>>>>
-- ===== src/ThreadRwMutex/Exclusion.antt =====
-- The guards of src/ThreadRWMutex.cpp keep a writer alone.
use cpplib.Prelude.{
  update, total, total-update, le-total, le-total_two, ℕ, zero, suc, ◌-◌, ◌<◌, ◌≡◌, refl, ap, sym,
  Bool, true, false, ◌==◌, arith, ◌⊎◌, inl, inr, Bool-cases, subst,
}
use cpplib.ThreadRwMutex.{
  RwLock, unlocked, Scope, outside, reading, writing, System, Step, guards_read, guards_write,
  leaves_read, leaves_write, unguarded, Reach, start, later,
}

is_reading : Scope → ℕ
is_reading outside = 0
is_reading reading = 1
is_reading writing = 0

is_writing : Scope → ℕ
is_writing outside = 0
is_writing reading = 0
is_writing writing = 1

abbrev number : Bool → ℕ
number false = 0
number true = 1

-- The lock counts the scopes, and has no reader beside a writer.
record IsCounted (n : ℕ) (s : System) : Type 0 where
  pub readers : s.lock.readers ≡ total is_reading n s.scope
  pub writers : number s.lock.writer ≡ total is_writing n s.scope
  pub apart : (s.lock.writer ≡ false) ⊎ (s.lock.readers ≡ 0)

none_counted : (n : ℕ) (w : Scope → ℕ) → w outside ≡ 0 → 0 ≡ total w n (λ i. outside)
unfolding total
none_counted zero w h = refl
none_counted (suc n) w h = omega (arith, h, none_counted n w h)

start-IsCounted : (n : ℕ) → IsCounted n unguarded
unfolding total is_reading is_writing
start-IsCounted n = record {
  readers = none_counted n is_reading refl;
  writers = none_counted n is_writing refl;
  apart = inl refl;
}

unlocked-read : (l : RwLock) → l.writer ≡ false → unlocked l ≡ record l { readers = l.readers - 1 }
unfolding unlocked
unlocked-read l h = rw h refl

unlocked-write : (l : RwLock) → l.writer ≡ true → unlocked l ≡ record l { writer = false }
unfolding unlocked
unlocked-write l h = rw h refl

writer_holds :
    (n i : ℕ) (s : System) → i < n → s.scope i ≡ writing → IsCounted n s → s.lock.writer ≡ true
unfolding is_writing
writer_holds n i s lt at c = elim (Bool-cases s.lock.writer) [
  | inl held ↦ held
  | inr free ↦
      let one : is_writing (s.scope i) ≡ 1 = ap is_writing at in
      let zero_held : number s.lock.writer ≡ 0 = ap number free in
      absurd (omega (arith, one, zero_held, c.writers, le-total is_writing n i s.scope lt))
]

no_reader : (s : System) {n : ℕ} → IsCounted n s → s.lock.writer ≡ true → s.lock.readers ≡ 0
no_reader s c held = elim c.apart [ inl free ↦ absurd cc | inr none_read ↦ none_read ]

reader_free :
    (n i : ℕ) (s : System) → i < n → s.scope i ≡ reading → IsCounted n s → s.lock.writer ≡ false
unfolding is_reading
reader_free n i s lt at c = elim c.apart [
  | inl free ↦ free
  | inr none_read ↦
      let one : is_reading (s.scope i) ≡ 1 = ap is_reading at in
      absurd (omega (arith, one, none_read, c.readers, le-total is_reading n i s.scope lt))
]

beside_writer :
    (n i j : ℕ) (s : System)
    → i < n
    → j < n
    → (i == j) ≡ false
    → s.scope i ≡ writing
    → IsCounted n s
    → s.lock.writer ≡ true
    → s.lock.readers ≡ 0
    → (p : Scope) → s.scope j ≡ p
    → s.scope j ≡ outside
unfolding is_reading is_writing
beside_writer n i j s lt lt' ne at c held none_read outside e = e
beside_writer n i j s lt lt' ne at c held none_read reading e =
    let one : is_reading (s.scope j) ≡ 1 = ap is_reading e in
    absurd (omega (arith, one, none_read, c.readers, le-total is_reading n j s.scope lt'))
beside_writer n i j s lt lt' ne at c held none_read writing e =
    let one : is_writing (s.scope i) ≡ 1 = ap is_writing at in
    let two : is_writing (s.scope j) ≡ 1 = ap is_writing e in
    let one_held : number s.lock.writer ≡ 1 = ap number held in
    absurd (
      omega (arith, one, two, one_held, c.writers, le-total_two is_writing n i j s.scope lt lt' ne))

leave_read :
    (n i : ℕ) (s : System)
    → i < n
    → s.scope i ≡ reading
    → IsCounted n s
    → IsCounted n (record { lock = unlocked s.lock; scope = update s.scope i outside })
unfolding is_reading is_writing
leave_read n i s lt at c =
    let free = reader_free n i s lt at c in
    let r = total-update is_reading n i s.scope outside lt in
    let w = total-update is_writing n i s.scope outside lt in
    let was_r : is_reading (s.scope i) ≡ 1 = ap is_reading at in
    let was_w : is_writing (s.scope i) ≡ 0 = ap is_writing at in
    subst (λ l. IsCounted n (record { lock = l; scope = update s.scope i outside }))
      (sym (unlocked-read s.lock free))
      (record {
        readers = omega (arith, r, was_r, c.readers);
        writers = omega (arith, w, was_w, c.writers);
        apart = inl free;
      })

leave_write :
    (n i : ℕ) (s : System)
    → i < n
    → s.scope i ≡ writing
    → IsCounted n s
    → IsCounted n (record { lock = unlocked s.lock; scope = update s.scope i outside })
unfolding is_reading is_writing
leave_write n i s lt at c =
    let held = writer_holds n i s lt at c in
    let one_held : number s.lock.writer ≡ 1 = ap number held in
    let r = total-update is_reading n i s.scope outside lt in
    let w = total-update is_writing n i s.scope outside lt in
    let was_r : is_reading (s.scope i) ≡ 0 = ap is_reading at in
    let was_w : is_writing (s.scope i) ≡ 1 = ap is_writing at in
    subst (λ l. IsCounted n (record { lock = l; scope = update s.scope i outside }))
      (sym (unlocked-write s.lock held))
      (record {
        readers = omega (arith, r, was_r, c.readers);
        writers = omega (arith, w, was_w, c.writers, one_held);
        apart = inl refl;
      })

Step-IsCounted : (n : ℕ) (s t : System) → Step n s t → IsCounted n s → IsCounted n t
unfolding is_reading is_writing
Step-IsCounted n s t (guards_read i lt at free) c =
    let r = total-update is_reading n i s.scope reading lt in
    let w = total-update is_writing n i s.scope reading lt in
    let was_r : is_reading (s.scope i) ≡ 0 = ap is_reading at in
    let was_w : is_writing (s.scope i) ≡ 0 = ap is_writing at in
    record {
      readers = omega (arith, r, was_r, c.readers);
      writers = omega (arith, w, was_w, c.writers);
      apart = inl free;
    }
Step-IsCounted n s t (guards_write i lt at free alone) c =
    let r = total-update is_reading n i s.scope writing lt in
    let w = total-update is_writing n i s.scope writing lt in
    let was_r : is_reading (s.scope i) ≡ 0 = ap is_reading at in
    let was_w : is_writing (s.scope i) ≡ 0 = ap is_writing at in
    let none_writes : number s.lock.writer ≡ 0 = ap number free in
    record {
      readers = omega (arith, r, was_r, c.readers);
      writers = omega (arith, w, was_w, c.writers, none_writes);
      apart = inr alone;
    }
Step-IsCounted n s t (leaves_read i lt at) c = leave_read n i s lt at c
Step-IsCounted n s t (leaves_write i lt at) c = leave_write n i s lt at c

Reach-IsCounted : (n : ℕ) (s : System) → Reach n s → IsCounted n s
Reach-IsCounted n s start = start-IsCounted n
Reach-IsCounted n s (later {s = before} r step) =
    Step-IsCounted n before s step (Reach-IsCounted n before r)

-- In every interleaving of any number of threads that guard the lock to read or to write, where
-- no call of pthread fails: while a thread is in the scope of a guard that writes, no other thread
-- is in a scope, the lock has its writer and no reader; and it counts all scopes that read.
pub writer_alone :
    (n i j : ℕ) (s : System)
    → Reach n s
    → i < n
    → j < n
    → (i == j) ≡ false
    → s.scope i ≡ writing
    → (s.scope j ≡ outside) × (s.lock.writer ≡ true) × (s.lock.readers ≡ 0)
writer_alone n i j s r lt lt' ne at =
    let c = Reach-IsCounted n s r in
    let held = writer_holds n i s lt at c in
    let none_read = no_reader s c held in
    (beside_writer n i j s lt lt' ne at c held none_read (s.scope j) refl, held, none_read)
<<<<
_Problem statement_
Only the lines that hold the word "scopes" are wanted; each should be pulled from the records.

_Solution to this problem_
-- The lock counts the scopes, and has no reader beside a writer.
-- is in a scope, the lock has its writer and no reader; and it counts all scopes that read.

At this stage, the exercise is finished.